Ion Potential in Non-ideal Dense Quantum Plasmas

TL;DR

This paper investigates the screened ion potential in non-ideal dense quantum plasmas using the Singwi-Tosi-Land-Sj"olander approximation, comparing with other models and emphasizing electronic correlation effects in strongly coupled ionic systems.

Contribution

It introduces a detailed analysis of ion potentials in dense quantum plasmas using the STLS approximation and compares results with quantum Monte Carlo data and existing models.

Findings

Electronic correlation effects are significant for plasma dynamics.

The STLS approximation aligns well with quantum Monte Carlo data.

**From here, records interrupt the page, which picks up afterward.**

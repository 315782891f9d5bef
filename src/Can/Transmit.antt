-- ===== src/Can/Transmit.antt =====
-- Classic CAN, cyphal/src/transport/can/legacy.rs: the making of one frame.
use cyphal_rs.Base.{
  ℕ, min, Bool, false, not, ◌&&◌, Option, List, [], ◌∷◌, ◌++◌, leb, if◌then◌else◌, length, take,
  Result, ok, err, ◌>>=◌, ok_or,
}
use cyphal_rs.Bitfields.CanMessageId
use cyphal_rs.Bitfields.CanServiceId
use cyphal_rs.Bitfields.TailByte
use cyphal_rs.CrcAny.{CrcAny}
use cyphal_rs.Can.Data.{
  FrameMetadata, CanFrame, TxMetadata, tx_default, RxMetadata, rx_default, mtu_size, crc_size,
  get_crc_padded_size, update_rx_metadata, process_tx_crc,
}
use cyphal_rs.Can.Receive.{rx_process_frame}
use cyphal_rs.Crates.{Crates}
use cyphal_rs.Transport.{Transport}
use cyphal_rs.Types.{NodeId, message, request, response, TransferMetadata, TxError, kind_eq}

module _ ⦃c : Crates⦄ where
  -- A request or a response.
  unfoldable pub service_frame_id :
      {I : Type 0} → TransferMetadata I → Option NodeId → Result TxError c.ExtendedId
  service_frame_id md node_id = do
    source ← ok_or node_id TxError.service_no_source_id
    destination ← ok_or md.destination_node_id TxError.service_no_destination_id
    CanServiceId.new md.priority (kind_eq md.transfer_kind request) md.port_id destination source

  abbrev pub message_frame_id :
      {I : Type 0} → TransferMetadata I → Bool → Option NodeId → Result TxError c.ExtendedId
  message_frame_id md last_frame node_id =
      if not last_frame && CanMessageId.is_none node_id
      then err TxError.anon_not_single_frame
      else CanMessageId.new md.priority md.port_id node_id

  -- `match transfer_metadata.transfer_kind`.
  unfoldable pub frame_id :
      {I : Type 0} → TransferMetadata I → Bool → Option NodeId → Result TxError c.ExtendedId
  frame_id md last_frame node_id = elim md.transfer_kind [
    | message ↦ message_frame_id md last_frame node_id
    | request ↦ service_frame_id md node_id
    | response ↦ service_frame_id md node_id
  ]

  unfoldable pub transmit_frame :
      {I : Type 0}
      → TransferMetadata I
      → TxMetadata
      → List ℕ
      → Option NodeId
      → I
      → TxMetadata × Result TxError (CanFrame I × ℕ)
  transmit_frame md tx bytes node_id timestamp =
      let last_frame = leb (length bytes) 7 in
      let tx' : TxMetadata = record { first_frame = false; toggle_bit = not tx.toggle_bit } in
      let tail_byte = TailByte.new tx.first_frame last_frame tx.toggle_bit md.transfer_id in
      let consume_len = min 7 (length bytes) in
      (
        tx',
        do
          id ← frame_id md last_frame node_id
          ok (
            record {
              timestamp = timestamp;
              id = id;
              payload = take consume_len bytes ++ (tail_byte ∷ []);
            },
            consume_len,
          ),
      )

-- `impl Transport for Can`.
abbrev pub can : ⦃c : Crates⦄ ⦃k : CrcAny⦄ (I : Type 0) → Transport I
can I = record {
  Frame = CanFrame I;
  FrameMetadata = FrameMetadata;
  TxMetadata = TxMetadata;
  tx_default = tx_default;
  RxMetadata = RxMetadata;
  rx_default = rx_default;
  mtu_size = mtu_size;
  crc_size = crc_size;
  get_crc_padded_size = get_crc_padded_size;
  update_rx_metadata = update_rx_metadata;
  process_tx_crc = λ {E}. process_tx_crc;
  rx_process_frame = rx_process_frame;
  transmit_frame = transmit_frame;
}
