-- ===== src/Can/Ids.antt =====
-- The CAN ID that `transmit_frame` builds, as `rx_process_frame` reads it.
use mathlib.Core.Option
use cyphal_rs.Base.{
  ℕ, ◌%◌, ◌≡◌, ◌≢◌, refl, Bool, true, ◌&&◌, Option, none, some, ◌⊎◌, inl, inr, Option-cases, ok,
  arith,
}
use cyphal_rs.Bitfields.CanMessageId
use cyphal_rs.Bitfields.CanServiceId
use cyphal_rs.Bitfields.TailByte
use cyphal_rs.Can.Receive.{frame_metadata, service_metadata, message_metadata}
use cyphal_rs.Can.Transmit.{frame_id, service_frame_id}
use cyphal_rs.Crates.{Crates}
use cyphal_rs.Types.{
  NodeId, TransferKind, message, request, response, TransferMetadata, TxError, kind_eq,
}

-- A port ID and a destination as an ID of that kind can carry them.
abbrev wire_port : TransferKind → ℕ → ℕ
wire_port message port = port % 8192
wire_port request port = port % 512
wire_port response port = port % 512

abbrev wire_destination : TransferKind → Option NodeId → Option NodeId
wire_destination message id = none
wire_destination request id = Option.map (λ n. n % 128) id
wire_destination response id = Option.map (λ n. n % 128) id

Kind-cases : (kind : TransferKind) → (kind ≡ message) ⊎ (kind ≢ message)
Kind-cases message = inl refl
Kind-cases request = inr (λ e. cc)
Kind-cases response = inr (λ e. cc)

module _ {I : Type 0} where
  -- The metadata of a transfer as a receiver sees it: each field cut to its width, the time of
  -- the frame, and the source node, or 4 if the sender is anonymous.
  abbrev pub wire_metadata : TransferMetadata I → Option NodeId → I → TransferMetadata I
  wire_metadata md node_id timestamp = record {
    timestamp = timestamp;
    priority = md.priority;
    transfer_kind = md.transfer_kind;
    port_id = wire_port md.transfer_kind md.port_id;
    source_node_id = some (CanMessageId.source_or_four node_id % 128);
    destination_node_id = wire_destination md.transfer_kind md.destination_node_id;
    transfer_id = md.transfer_id % 32;
  }

module _ ⦃c : Crates⦄ where
  -- Both views of an ID agree on whether it is a service's.
  is_svc-is_svc : (raw : ℕ) → CanServiceId.is_svc raw ≡ CanMessageId.is_svc raw
  unfolding CanServiceId.is_svc CanMessageId.is_svc
  is_svc-is_svc raw = refl

module _ ⦃c : Crates⦄ {I : Type 0} (md : TransferMetadata I) where
  -- A message's ID is what `CanMessageId::new` makes.
  frame_id-IsMessage :
      (last_frame : Bool) (node_id : Option NodeId) (id : c.ExtendedId)
      → md.transfer_kind ≡ message
      → frame_id md last_frame node_id ≡ ok id
      → CanMessageId.IsMessage md.priority md.port_id node_id (c.as_raw id)
  unfolding frame_id
  frame_id-IsMessage last_frame node_id id k made =
      let (id', made', w) =
        CanMessageId.new-IsMessage {E = TxError} md.priority md.port_id node_id in
      let same : id' ≡ id = ground arith in rw same at w

  -- A service frame's ID is what `CanServiceId::new` makes, and both nodes are known.
  frame_id-IsService :
      (last_frame : Bool) (node_id : Option NodeId) (id : c.ExtendedId)
      → md.transfer_kind ≢ message
      → frame_id md last_frame node_id ≡ ok id
      → (source : NodeId) × (destination : NodeId) × (node_id ≡ some source)
        × (md.destination_node_id ≡ some destination)
        × CanServiceId.IsService md.priority
            (kind_eq md.transfer_kind request)
            md.port_id
            destination
            source
            (c.as_raw id)
  unfolding frame_id service_frame_id
  frame_id-IsService last_frame node_id id k made = elim (Option-cases node_id) [
    | inl none_s ↦ absurd (ground arith)
    | inr (source, some_s) ↦ elim (Option-cases md.destination_node_id) [
      | inl none_d ↦ absurd (ground arith)
      | inr (destination, some_d) ↦
          let (id', made', w) =
            CanServiceId.new-IsService {E = TxError} md.priority (kind_eq md.transfer_kind request)
              md.port_id destination source in
          let same : id' ≡ id = ground arith in (source, destination, some_s, some_d, rw same at w)
    ]
  ]

module _ ⦃c : Crates⦄ {I : Type 0} (md : TransferMetadata I) (timestamp : I) {s e t : Bool}
    (tail : ℕ) (read : TailByte.IsTail s e t md.transfer_id tail) where
  message_read :
      (node_id : Option NodeId) (raw : ℕ)
      → md.transfer_kind ≡ message
      → (CanMessageId.is_none node_id ≡ true → (s && e) ≡ true)
      → CanMessageId.IsMessage md.priority md.port_id node_id raw
      → frame_metadata timestamp raw tail ≡ ok (wire_metadata md node_id timestamp)
  unfolding frame_metadata message_metadata
  message_read node_id raw k anon w = ground (arith, is_svc-is_svc raw, c.from_u8_lem md.priority)

  service_read :
      (source destination raw : ℕ)
      → md.transfer_kind ≢ message
      → md.destination_node_id ≡ some destination
      → CanServiceId.IsService md.priority
          (kind_eq md.transfer_kind request)
          md.port_id
          destination
          source
          raw
      → frame_metadata timestamp raw tail ≡ ok (wire_metadata md (some source) timestamp)
  unfolding frame_metadata service_metadata
  service_read source destination raw k d w = ground (arith, c.from_u8_lem md.priority)

  -- Whatever ID `frame_id` returns for the metadata, the receiver reads from it, and from a tail
  -- byte with their transfer ID, the same metadata, each field cut to its width on the wire and
  -- 4 as the source of an anonymous sender, the ID that stands in for a random one; an anonymous
  -- sender's frame must be a single one.
  pub frame_metadata-frame_id :
      (last_frame : Bool) (node_id : Option NodeId) (id : c.ExtendedId)
      → frame_id md last_frame node_id ≡ ok id
      → (CanMessageId.is_none node_id ≡ true → (s && e) ≡ true)
      → frame_metadata timestamp (c.as_raw id) tail ≡ ok (wire_metadata md node_id timestamp)
  unfolding frame_id service_frame_id
  frame_metadata-frame_id last_frame node_id id made anon = elim (Kind-cases md.transfer_kind) [
    | inl k ↦
        message_read node_id (c.as_raw id) k anon
          (frame_id-IsMessage md last_frame node_id id k made)
    | inr k ↦
        let (source, destination, some_s, some_d, w) =
          frame_id-IsService md last_frame node_id id k made in
        rw some_s (service_read source destination (c.as_raw id) k some_d w)
  ]

module _ ⦃c : Crates⦄ {I : Type 0} (md : TransferMetadata I) where
  -- A node with an ID can name every frame of a message, and of a service transfer whose
  -- destination is known.
  pub frame_id-some :
      (node_id : Option NodeId) (source : NodeId) (last_frame : Bool)
      → node_id ≡ some source
      → ((md.transfer_kind ≢ message) → (d : NodeId) × (md.destination_node_id ≡ some d))
      → (id : c.ExtendedId) × (frame_id md last_frame node_id ≡ ok id)
  unfolding frame_id service_frame_id
  frame_id-some node_id source last_frame sender known = elim (Kind-cases md.transfer_kind) [
    | inl k ↦
        let (id, made, _) =
          CanMessageId.new-IsMessage {E = TxError} md.priority md.port_id (some source) in
        (id, ground arith)
    | inr k ↦
        let (d, e) = known k in
        let (id, made, _) =
          CanServiceId.new-IsService {E = TxError} md.priority (kind_eq md.transfer_kind request)
            md.port_id d source in
        (id, ground arith)
  ]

Ion potential models vary notably at high densities.

Abstract

The screened ion potential in non-ideal dense quantum plasmas is investigated by invoking the Singwi-Tosi-Land-Sj\"olander approximation for the electronic local field correction at densities $r_s\lesssim 2$ and degeneracy parameters $\theta\lesssim 1$, where $r_s$ is the ratio of the mean inter-particle distance to the first Bohr radius, and $\theta$ is the ratio of the thermal energy to the Fermi energy of the electrons. Various cross-checks with ion potentials obtained from ground state quantum Monte-Carlo data, the random phase approximation, as well as with existing analytical models are presented. Further, the importance of the electronic correlation effects for the dynamics in strongly coupled ionic subsystems for $0.1\leq r_s\leq 2$ is discussed.